In Exercises 17 - 28, write the first five terms of the geometric sequence \( a_1 = 4, r = -\dfrac{1}{\sqrt{2}} \)

Short Answer

Expert verified
The first five terms of the geometric sequence are 4, \(-2\sqrt{2}\), -2, \(\sqrt{2}\), 1

Step by step solution

01

Identify and setup

Identify the first term and the common ratio from the given problem. The first term \(a_1\) is 4 and the ratio \(r\) is \(-\dfrac{1}{\sqrt{2}}\).
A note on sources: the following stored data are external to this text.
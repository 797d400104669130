-- ===== src/Cuda/BranchSplit/Counts.antt =====
-- What the host counts and what it leaves to the device.
use cycle_enumeration_gpu.Prelude.{
  ℕ, zero, suc, ◌+◌, ◌≤◌, ◌<◌, ◌≡◌, refl, ap, ◌∙◌, Bool, true, false, ◌&&◌, ◌||◌, List, [], ◌∷◌,
  Option, none, some, leb, ltb, ◌==◌, if◌then◌else◌, length, mem, map, flat_map, flat_map_cases,
  mem-flat_map, range, inl, inr, Bool-cases, arith, ◌∈◌, All, All-of_mem, ok,
}
use cycle_enumeration_gpu.Core.Histogram.{max_count, CycleHistogram, no_cycles, count}
use cycle_enumeration_gpu.Core.Histogram.Laws.{
  increment_all_returns, count-increment_all, count-no_cycles,
}
use cycle_enumeration_gpu.Core.GraphView.{GraphView}
use cycle_enumeration_gpu.Core.GraphView.Rows.{IsValid}
use cycle_enumeration_gpu.Cycles.{at_limit, tally, cycles_via, cycles_from, cycles_at, all_cycles}
use cycle_enumeration_gpu.Cycles.Views.{successors, view_cycles}
use cycle_enumeration_gpu.Cycles.Runs.{flat_map-map}
use cycle_enumeration_gpu.Sequential.Bruteforce.{count_simple_cycles}
use cycle_enumeration_gpu.Sequential.Bruteforce.Count.{
  FitsLimit, FitsLength, view_cycles-FitsLength, how_many, how_many-le, weight-tally, tally-lengths,
  count_simple_cycles_counts,
}
use cycle_enumeration_gpu.Cuda.BranchSplit.{
  SplitWorkItem, BranchSplit, split_static_search, refuses,
}
use cycle_enumeration_gpu.Cuda.BranchSplit.Parts.{
  cycles_beyond, closed_from, prefixes_via, prefixes_from, closed_all, prefixes_all,
}
use cycle_enumeration_gpu.Cuda.BranchSplit.Whole.{all_cycles_split}
use cycle_enumeration_gpu.Cuda.BranchSplit.Runs.{split_static_search_lem}
use cycle_enumeration_gpu.Cuda.BranchSplit.Work.{item}

only : (b : Bool) (c x : List ℕ) → c ∈ (if b then x ∷ [] else []) → c ≡ x
only true c x (inl e) = e
only true c x (inr m) = absurd m
only false c x m = absurd m

module _ (next : ℕ → List ℕ) (limit : Option ℕ) (cutoff root : ℕ) where
  via_cases :
      (deeper : ℕ → List ℕ → List (List ℕ)) (path : List ℕ) (v : ℕ) (c : List ℕ)
      → c ∈ prefixes_via next limit cutoff root deeper path v
      → c ∈ deeper v (v ∷ path)
  via_cases deeper path v c m = elim (Bool-cases (v == root && leb 2 (length path))) [
    | inl closes ↦ absurd (rw closes at m)
    | inr open_ ↦ elim (Bool-cases (leb v root || mem v path)) [
      | inl old ↦ absurd (rw (open_, old) at m)
      | inr new ↦ elim (Bool-cases (at_limit limit (length path))) [
        | inl far ↦ absurd (rw (open_, new, far) at m)
        | inr near ↦ rw (open_, new, near) at m
      ]
    ]
  ]

  prefixes_from-length :
      (fuel v : ℕ) (path : List ℕ) (c : List ℕ)
      → length path ≤ cutoff
      → c ∈ prefixes_from next limit cutoff root fuel v path
      → length c ≡ cutoff
  unfolding prefixes_from
  prefixes_from-length zero v path c short m = absurd m
  prefixes_from-length (suc fuel) v path c short m = elim (Bool-cases (length path == cutoff)) [
    | inl cut ↦ ap length (only _ c path (rw cut at m)) ∙ ground (arith, cut)
    | inr uncut ↦
        let (w, _, inner) =
          flat_map_cases
            (prefixes_via next limit cutoff root (prefixes_from next limit cutoff root fuel) path) c
            (next v) (rw uncut at m) in
        prefixes_from-length fuel w (w ∷ path) c (ground (arith, uncut))
          (via_cases (prefixes_from next limit cutoff root fuel) path w c inner)
  ]

  closed_via_cases :
      (deeper all : ℕ → List ℕ → List (List ℕ)) (path : List ℕ) (v : ℕ) (c : List ℕ)
      → length path < cutoff
      → (c ∈ deeper v (v ∷ path) → (c ∈ all v (v ∷ path)) × (length c < cutoff))
      → c ∈ cycles_via next limit root deeper path v
      → (c ∈ cycles_via next limit root all path v) × (length c < cutoff)
  closed_via_cases deeper all path v c short inner m =
      elim (Bool-cases (v == root && leb 2 (length path))) [
        | inl closes ↦
            let e : c ≡ path = only true c path (rw closes at m) in
            rw closes (inl e, omega (arith, ap length e))
        | inr open_ ↦ elim (Bool-cases (leb v root || mem v path)) [
          | inl old ↦ absurd (rw (open_, old) at m)
          | inr new ↦ elim (Bool-cases (at_limit limit (length path))) [
            | inl far ↦ absurd (rw (open_, new, far) at m)
            | inr near ↦ rw (open_, new, near) (inner (rw (open_, new, near) at m))
          ]
        ]
      ]

  closed_from_cases :
      (fuel v : ℕ) (path : List ℕ) (c : List ℕ)
      → length path ≤ cutoff
      → c ∈ closed_from next limit cutoff root fuel v path
      → (c ∈ cycles_from next limit root fuel v path) × (length c < cutoff)
  unfolding closed_from cycles_from
  closed_from_cases zero v path c short m = absurd m
  closed_from_cases (suc fuel) v path c short m = elim (Bool-cases (length path == cutoff)) [
    | inl cut ↦ absurd (rw cut at m)
    | inr uncut ↦
        let closed = closed_from next limit cutoff root fuel in
        let all = cycles_from next limit root fuel in
        let (w, from, inner) =
          flat_map_cases (cycles_via next limit root closed path) c (next v) (rw uncut at m) in
        let short' : length path < cutoff = ground (arith, uncut) in
        let (m', less) =
          closed_via_cases closed all path w c short'
            (closed_from_cases fuel w (w ∷ path) c (omega arith)) inner in
        (mem-flat_map (cycles_via next limit root all path) c w (next v) from m', less)
  ]

-- The cycles that the device finds from the work items: for each, those that go on from its prefix.
abbrev pub continuations : GraphView → Option ℕ → ℕ → List SplitWorkItem → List (List ℕ)
continuations g limit cutoff items =
    flat_map
      (λ (i : SplitWorkItem). cycles_beyond (successors g) limit cutoff g.vertex_count i.prefix)
      items

refuses_lem : (limit : Option ℕ) → FitsLimit limit → refuses limit ≡ false
refuses_lem none h = refl
refuses_lem (some most) h = ground arith

how_many-zero :
    (size : ℕ) (cs : List (List ℕ)) → All (λ c. length c < size) cs → how_many size cs ≡ 0
how_many-zero size [] a = refl
how_many-zero size (c ∷ cs) a = ground (arith, how_many-zero size cs a.1, a.0)

All-items :
    (cutoff : ℕ) (ps : List (List ℕ))
    → All (λ p. length p ≡ cutoff) ps
    → All (λ (i : SplitWorkItem). length i.prefix ≡ cutoff) (map item ps)
All-items cutoff [] a = tt
All-items cutoff (p ∷ ps) a = (a.0, All-items cutoff ps a.1)

-- What becomes of a closed cycle and of a prefix, over all roots.
closed_all_cases :
    (next : ℕ → List ℕ) (limit : Option ℕ) (cutoff n : ℕ) (c : List ℕ)
    → 1 ≤ cutoff
    → c ∈ closed_all next limit cutoff n
    → (c ∈ all_cycles next limit n) × (length c < cutoff)
unfolding closed_all all_cycles cycles_at
closed_all_cases next limit cutoff n c long m =
    let (root, from, inner) =
      flat_map_cases (λ r. closed_from next limit cutoff r n r (r ∷ [])) c (range n) m in
    let (m', less) =
      closed_from_cases next limit cutoff root n root (root ∷ []) c (omega arith) inner in
    (mem-flat_map (cycles_at next limit n) c root (range n) from m', less)

prefixes_all-length :
    (next : ℕ → List ℕ) (limit : Option ℕ) (cutoff n : ℕ) (c : List ℕ)
    → 1 ≤ cutoff
    → c ∈ prefixes_all next limit cutoff n
    → length c ≡ cutoff
unfolding prefixes_all
prefixes_all-length next limit cutoff n c long m =
    let (root, from, inner) =
      flat_map_cases (λ r. prefixes_from next limit cutoff r n r (r ∷ [])) c (range n) m in
    prefixes_from-length next limit cutoff root n root (root ∷ []) c (omega arith) inner

-- On a valid view of fewer than 2^32 vertices, with a limit that is absent or at least 2, a cut of at
-- least 2 and fewer than 2^64 cycles within the limit, the baseline and the split both return. Every
-- item is a prefix as long as the cut, the histogram of the split counts only cycles shorter than
-- the cut, and at every length the cycles that it counts and those that go on from the items are
-- together as many as the baseline counts.
pub split_static_search_counts :
    (g : GraphView) (limit : Option ℕ) (cutoff : ℕ)
    → IsValid g
    → g.vertex_count < 4294967296
    → FitsLimit limit
    → 2 ≤ cutoff
    → length (view_cycles g limit) ≤ max_count
    → (h : CycleHistogram) × (out : BranchSplit) × (count_simple_cycles g limit ≡ ok h)
      × (split_static_search g cutoff limit ≡ ok out)
      × All (λ (i : SplitWorkItem). length i.prefix ≡ cutoff) out.items
      × ((size : ℕ) → cutoff ≤ size → count out.closed size ≡ 0)
      × ((size : ℕ)
          → count h size
            ≡ count out.closed size + how_many size (continuations g limit cutoff out.items))
split_static_search_counts g limit cutoff valid small fits long few =
    let n = g.vertex_count in
    let next = successors g in
    let closed = closed_all next limit cutoff n in
    let prefixes = prefixes_all next limit cutoff n in
    let (h, e, counts) = count_simple_cycles_counts g limit valid small fits few in
    let parts = λ (size : ℕ). all_cycles_split next limit cutoff n size (omega arith) in
    let lengths : All FitsLength closed = All-of_mem FitsLength closed (λ c m.
      view_cycles-FitsLength g limit valid small c
        (closed_all_cases next limit cutoff n c (omega arith) m).0) in
    let (h', e') =
      increment_all_returns (tally closed) no_cycles (tally-lengths closed lengths) (λ size. omega (
        arith,
        count-no_cycles size,
        weight-tally size closed lengths,
        parts size,
        how_many-le size (view_cycles g limit),
      )) in
    let counted : (size : ℕ) → count h' size ≡ how_many size closed = λ size. omega (
      arith,
      count-increment_all (tally closed) no_cycles h' size e',
      count-no_cycles size,
      weight-tally size closed lengths,
    ) in
    let accepted : ltb cutoff 2 ≡ false = ground arith in
    (
      h,
      record { items = map item prefixes; closed = h' },
      e,
      split_static_search_lem g cutoff limit valid ∙ rw (accepted, refuses_lem limit fits, e'),
      All-items cutoff prefixes (
          All-of_mem _ prefixes (λ c m. prefixes_all-length next limit cutoff n c (omega arith) m)),
      λ size far.
          counted size
          ∙ how_many-zero size closed (
              All-of_mem _ closed (λ c m.
                omega (arith, (closed_all_cases next limit cutoff n c (omega arith) m).1, far))),
      λ size.
          let beyond =
            flat_map-map (λ (i : SplitWorkItem). cycles_beyond next limit cutoff n i.prefix) item
              prefixes in
          omega (arith, counts size, parts size, counted size, ap (how_many size) beyond),
    )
The term \(a_n\) in a geometric sequence can be found using the formula \(a_n = a_1 \cdot r^{(n-1)}\).
02

First term (n=1)

First, leave \(n\) as 1 to find the first term. Substituting into the formula gives us: \(a_1 = 4 \cdot (- \frac{1}{\sqrt{2}} )^{(1-1)} = 4\)
03

Second term (n=2)

Next, substitute \(n\) by 2 to find the second term. Substituting into the formula gives us: \(a_2 = 4 \cdot (- \frac{1}{\sqrt{2}} )^{(2-1)} = -\dfrac{4}{\sqrt{2}} = -2\sqrt{2}\)
04

Third term (n=3)

Next, substitute \(n\) by 3 to find the third term. Substituting into the formula gives us: \(a_3 = 4 \cdot (- \frac{1}{\sqrt{2}} )^{(3-1)} = -2\)
05

Fourth term (n=4)

Next, substitute \(n\) by 4 to find the fourth term. Substituting into the formula gives us: \(a_4 = 4 \cdot (- \frac{1}{\sqrt{2}} )^{(4-1)} = \sqrt{2}\)
06

Fifth term (n=5)

Finally, substitute \(n\) by 5 to find the fifth term. Substituting into the formula gives us: \(a_5 = 4 \cdot (- \frac{1}{\sqrt{2}} )^{(5-1)} = 1\)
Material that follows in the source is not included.